» **TASK DESCRIPTION**
For each line of the data below, test for "origin". Report only the number of lines that pass.

**********

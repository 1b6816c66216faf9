-- ===== src/Witness/Signatures.antt =====
-- `splitSignatures` of internal/witness/witness.go.
use litetlog.Prelude.{◌≡◌, refl, true, none, some, [], ◌∷◌, ◌++◌, Bytes}
use litetlog.Std.Strings.{cut_prefix, after_last, ends_with}
use litetlog.Tlogx.Checkpoint.{newline}
use litetlog.Witness.Process.{split_signatures}

abbrev blank_line : Bytes
blank_line = newline ∷ newline ∷ []

-- No two newlines follow one another.
abbrev pub LacksBlank : Bytes → Type 0
LacksBlank [] = Unit
LacksBlank (c ∷ s) = (cut_prefix blank_line (c ∷ s) ≡ none) × LacksBlank s

after_last-none : (s : Bytes) → LacksBlank s → after_last blank_line s ≡ none
unfolding after_last
after_last-none [] h = unfold cut_prefix in refl
after_last-none (c ∷ s) (h, hs) = rw (after_last-none s hs, h)

after_last-some :
    (s rest : Bytes) {r : Bytes}
    → after_last blank_line rest ≡ some r
    → after_last blank_line (s ++ rest) ≡ some r
unfolding after_last
after_last-some [] rest h = h
after_last-some (c ∷ s) rest h = rw (after_last-some s rest h)

after_last-here :
    (sigs : Bytes)
    → LacksBlank (newline ∷ sigs)
    → after_last blank_line (newline ∷ newline ∷ sigs) ≡ some sigs
unfolding after_last
after_last-here sigs h = rw (after_last-none (newline ∷ sigs) h) (unfold cut_prefix in refl)

not-ends_with-nil : ¬ (ends_with newline [] ≡ true)
unfolding ends_with
not-ends_with-nil h = cc

-- Of a text, the newline that ends it, a blank line and signature lines that end in a newline and
-- hold no blank line, splitSignatures returns the signature lines.
pub split_signatures-append :
    (text sigs : Bytes)
    → LacksBlank (newline ∷ sigs)
    → ends_with newline sigs ≡ true
    → split_signatures (text ++ (newline ∷ newline ∷ sigs)) ≡ some sigs
unfolding split_signatures
split_signatures-append text [] blank ends = absurd (not-ends_with-nil ends)
split_signatures-append text (c ∷ sigs) blank ends =
    let last =
      after_last-some text (newline ∷ newline ∷ c ∷ sigs) (after_last-here (c ∷ sigs) blank) in
    rw (last, split_signatures) (rw ends)
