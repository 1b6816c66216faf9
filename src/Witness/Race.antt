-- ===== src/Witness/Race.antt =====
-- Requests to internal/witness/witness.go that run at the same time on the one connection of the
-- witness: any number of goroutines, interleaved between their calls of the database. No lock
-- joins the UPDATE of `persistTreeHead` with the call of `Changes` behind it.
pub mod Passed
pub mod Lost
pub mod Fresh
pub mod Safe
use litetlog.Prelude.{ℕ, ◌≡◌, [], List, Bytes, ◌==◌, if◌then◌else◌, length, All}
use litetlog.Witness.Library.{IsHash, ok, Library}
use litetlog.Witness.Db.{Db, quiet, update_log}
use litetlog.Witness.Process.{check_consistency, check_changes}

-- What `checkConsistency` and `persistTreeHead` are called with.
pub record Attempt : Type 0 where
  pub origin : Bytes
  pub old_size : ℕ
  pub new_size : ℕ
  pub new_hash : Bytes
  pub proof : List Bytes

-- Where a request stands: before `checkConsistency`, behind it, behind the UPDATE, or past
-- `persistTreeHead` with no error, so that it goes on to sign.
pub data Phase : Type 0 where
  idle : Phase
  checked updated accepted : Attempt → Phase

pub record System : Type 0 where
  pub db : Db
  pub phase : ℕ → Phase

abbrev pub start : Db → System
start db = record { db = db; phase = λ _. idle }

abbrev pub set_phase : ℕ → Phase → (ℕ → Phase) → ℕ → Phase
set_phase i p phase j = if j == i then p else phase j

module _ (lib : Library) where
  abbrev pub Passes : Attempt → Db → Type 0
  Passes a db =
      (check_consistency lib a.origin a.old_size a.new_size a.new_hash a.proof (quiet db)).0 ≡ ok tt

  abbrev pub update_by : Attempt → Db → Db
  update_by a = update_log a.origin a.old_size a.new_size (lib.hash_text a.new_hash)

  -- One goroutine goes on by one call; statements do not fail here.
  pub data Step (s : System) : System → Type 0 where
    check :
        (i : ℕ) (a : Attempt)
        → s.phase i ≡ idle
        → IsHash a.new_hash
        → Passes a s.db
        → Step s (record s { phase = set_phase i (checked a) s.phase })
    update :
        (i : ℕ) (a : Attempt)
        → s.phase i ≡ checked a
        → Step s (record { db = update_by a s.db; phase = set_phase i (updated a) s.phase })
    accept :
        (i : ℕ) (a : Attempt)
        → s.phase i ≡ updated a
        → (check_changes lib a.origin (quiet s.db)).0 ≡ ok tt
        → Step s (record s { phase = set_phase i (accepted a) s.phase })
    refuse : (i : ℕ) → Step s (record s { phase = set_phase i idle s.phase })

  pub data Reach (s : System) : System → Type 0 where
    here : Reach s s
    next : {t u : System} → Reach s t → Step t u → Reach s u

**********

» **RESPONSE TO THE EXERCISE**
4